"There's a lot of discussion in the literature about how damaged DNA is recognized by the repair enzymes," said Maciej Haranczyk, a staff scientist at the Department of Energy's Pacific Northwest National Laboratory in Richland, Wash. "The current picture is that some enzymes bend damaged DNA in order to repair altered fragments. But no one knew why damaged DNA was more susceptible to bending."

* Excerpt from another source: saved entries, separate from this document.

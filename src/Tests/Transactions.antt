-- ===== src/Tests/Transactions.antt =====
-- gzochi-server/src/tx.c at concrete inputs.
use mathlib.Core.Option
use gnu_gzochi.Base.{
  ℕ, ◌≡◌, ◌≢◌, refl, true, false, none, some, List, [], ◌∷◌, arith, if◌then◌else◌, ◌&&◌,
}
use gnu_gzochi.Timeval.{timer_zero}
use gnu_gzochi.Tx.{
  State, TransactionResult, Vote, Participant, Registration, Transaction, Thread, Timing, Ending,
  finish, end, join, mark_for_rollback, mark_registration, participant_new, rollback_all,
  rollback_only, prepare_all, is_timed_out, is_retryable,
}
use gnu_gzochi.Tx.Log.{
  Call, prepares, rolls_back, Voter, participant_of, registrations, expected, finish-expected,
}
use gnu_gzochi.Tx.Finish.{end_total, mark_for_rollback-end, participant_new_crashes, others}
use gnu_gzochi.Tx.Registry.{join_lem, Joined}

abbrev untimed : Timing
untimed = record { start_time = timer_zero; timeout = none }

abbrev agree : Vote
agree = record { prepared = true; mark = none }

abbrev refuse : Vote
refuse = record { prepared = false; mark = some true }

abbrev voter : ℕ → Vote → Voter
voter name vote = record { name = name; vote = vote; marked = false; retryable = false }

abbrev transaction_of : List Voter → Transaction (Unit {0}) (List Call)
transaction_of vs = record {
  id = 0;
  participants = registrations vs;
  state = State.active;
  timing = some untimed;
}

abbrev thread_of : List Voter → Thread (Unit {0}) (List Call)
thread_of vs = record {
  transaction = some (transaction_of vs);
  timing = some untimed;
  transaction_counter = 1;
}

abbrev agreeing : List Voter
agreeing = voter 1 agree ∷ voter 2 agree ∷ []

finish_refused :
    Option.map
      (λ (e : Ending (Unit {0}) (List Call)). e.world)
      (finish
        (transaction_of (voter 1 agree ∷ voter 2 refuse ∷ voter 3 agree ∷ []))
        (some untimed)
        timer_zero
        [])
    ≡ some (prepares 1 ∷ prepares 2 ∷ rolls_back 1 ∷ rolls_back 2 ∷ rolls_back 3 ∷ [])
unfolding finish prepare_all rollback_all rollback_only
finish_refused = refl

finish-expected_example :
    Option.map
      (λ (e : Ending (Unit {0}) (List Call)). (e.world, e.success, e.transaction.state))
      (finish (transaction_of agreeing) (some untimed) timer_zero [])
    ≡ some (expected agreeing (is_timed_out untimed timer_zero))
finish-expected_example = finish-expected agreeing (transaction_of agreeing) untimed timer_zero refl

end_total_example :
    (w' : List Call) × (result : TransactionResult) × (end timer_zero (thread_of agreeing) []
      ≡ some (record (thread_of agreeing) { transaction = none; timing = none }, w', result))
    × (result ≢ TransactionResult.pending)
end_total_example =
    end_total timer_zero (thread_of agreeing) (transaction_of agreeing) untimed [] refl refl
      (refl, (refl, tt))

abbrev marked_thread : Thread (Unit {0}) (List Call)
marked_thread = thread_of (record (voter 1 agree) { marked = true } ∷ voter 2 agree ∷ [])

mark_for_rollback-end_example :
    (w' : List Call) × (rollback_all (registrations agreeing) [] ≡ some w')
    × (end timer_zero marked_thread []
        ≡ some (
          record (thread_of agreeing) { transaction = none; timing = none },
          w',
          if false && is_retryable (others 1 (registrations agreeing))
              then TransactionResult.should_retry
              else TransactionResult.failure,
        ))
unfolding mark_for_rollback mark_registration
mark_for_rollback-end_example =
    mark_for_rollback-end timer_zero (thread_of agreeing) marked_thread (transaction_of agreeing)
      untimed [] (participant_of (voter 1 agree)) false refl refl (refl, (refl, tt)) refl

abbrev lost : Participant (Unit {0}) (List Call)
lost = participant_new 5 (λ _ _ w. (w, agree)) (λ _ w. w) (λ _ w. w)

abbrev lost_registration : Registration (Unit {0}) (List Call)
lost_registration = record { participant = lost; context = tt; marked = true; retryable = false }

abbrev doomed : Transaction (Unit {0}) (List Call)
doomed = record (transaction_of []) { participants = lost_registration ∷ [] }

participant_new_crashes_example :
    end timer_zero (record (thread_of []) { transaction = some doomed }) [] ≡ none
unfolding rollback_only
participant_new_crashes_example =
    participant_new_crashes timer_zero (record (thread_of []) { transaction = some doomed }) doomed
      [] 5 (λ _ _ w. (w, agree)) (λ _ w. w) (λ _ w. w) lost_registration [] [] refl refl refl refl

join_lem_example :
    (thread' : Thread (Unit {0}) (List Call)) × (join
        (participant_of (voter 3 agree))
        tt
        (thread_of agreeing)
      ≡ some thread')
    × Joined
        (participant_of (voter 3 agree))
        (participant_of (voter 1 agree))
        tt
        (thread_of agreeing)
        thread'
join_lem_example =
    join_lem (participant_of (voter 3 agree)) (participant_of (voter 1 agree)) tt
      (thread_of agreeing) (refl, (((λ e. omega arith), tt), (tt, tt)))
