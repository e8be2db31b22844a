-- ===== src/Tx/Timeout.antt =====
-- gzochi-server/src/tx.c: `time_remaining` and the timeout test, against elapsed microseconds.
use gnu_gzochi.Base.{◌-◌, ◌≤◌, ◌≡◌, ◌↔◌, true, some, arith, Bool-cases, inl, inr}
use gnu_gzochi.Timeval.{
  Timeval, IsNormal, usecs, timer_sub, timer_gt, timer_gt→lt, not-timer_gt→le, usecs-timer_sub,
}
use gnu_gzochi.Tx.{Timing, time_remaining, is_timed_out}

module _ (start now timeout : Timeval) (normal_start : IsNormal start) (normal_now : IsNormal now)
    (normal_timeout : IsNormal timeout) (started : usecs start ≤ usecs now) where
  abbrev timing : Timing
  timing = record { start_time = start; timeout = some timeout }

  -- The time that remains is the timeout less the time elapsed since the start, and nothing once
  -- that much has elapsed; it is a normal `timeval`.
  pub usecs-time_remaining :
      (usecs (time_remaining timing now) ≡ usecs timeout - (usecs now - usecs start))
      × IsNormal (time_remaining timing now)
  unfolding time_remaining
  usecs-time_remaining =
      let elapsed = timer_sub now start in
      let (value, normal) = usecs-timer_sub now start normal_now normal_start started in
      elim (Bool-cases (timer_gt elapsed timeout)) [
        | inl over ↦
            rw over (omega (arith, timer_gt→lt elapsed timeout normal normal_timeout over, value))
        | inr left ↦
            let enough = not-timer_gt→le elapsed timeout normal normal_timeout left in
            rw left
              (omega (arith, usecs-timer_sub timeout elapsed normal_timeout normal enough, value))
      ]

  -- A transaction with a timeout counts as timed out exactly from the moment at which the timeout
  -- has elapsed since its start.
  pub is_timed_out_iff :
      (is_timed_out timing now ≡ true) ↔ (usecs timeout ≤ usecs now - usecs start)
  unfolding is_timed_out
  is_timed_out_iff = ground (arith, usecs-time_remaining)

Haranczyk and colleagues' simulation, reported Sunday at the American Chemical Society national meeting, offers an explanation. First, they programmed a chemical change to an intact DNA fragment. As with real DNA, the simulated molecule's backbone became distorted and its base pairs displaced. The structural change corresponded with a change in the molecule's shape, in its energy and how electric charges are distributed throughout the molecule.
"All these features are significant in enzymatic recognition of the damaged site," Haranczyk said. "In our model, damage triggers a reorganization of the sugar-phosphate in the DNA's backbone such that the DNA becomes thinner. In damaged DNA, negatively charged phosphate groups migrate along the axis of the DNA, and that allows the molecule to bend easily. We believe it is this difference in the damaged and intact DNA that the enzymes recognize."
Haranczyk said this was the first quantum chemistry simulation to survey such a large biological system--in this case, a DNA fragment made up of 350 atoms. "With a system so big, one can't do this kind of work without a supercomputer. Fortunately, we had access to one of the world's 10 most powerful computers," housed at the W.R. Wiley Environmental Molecular Sciences Laboratory on the PNNL campus.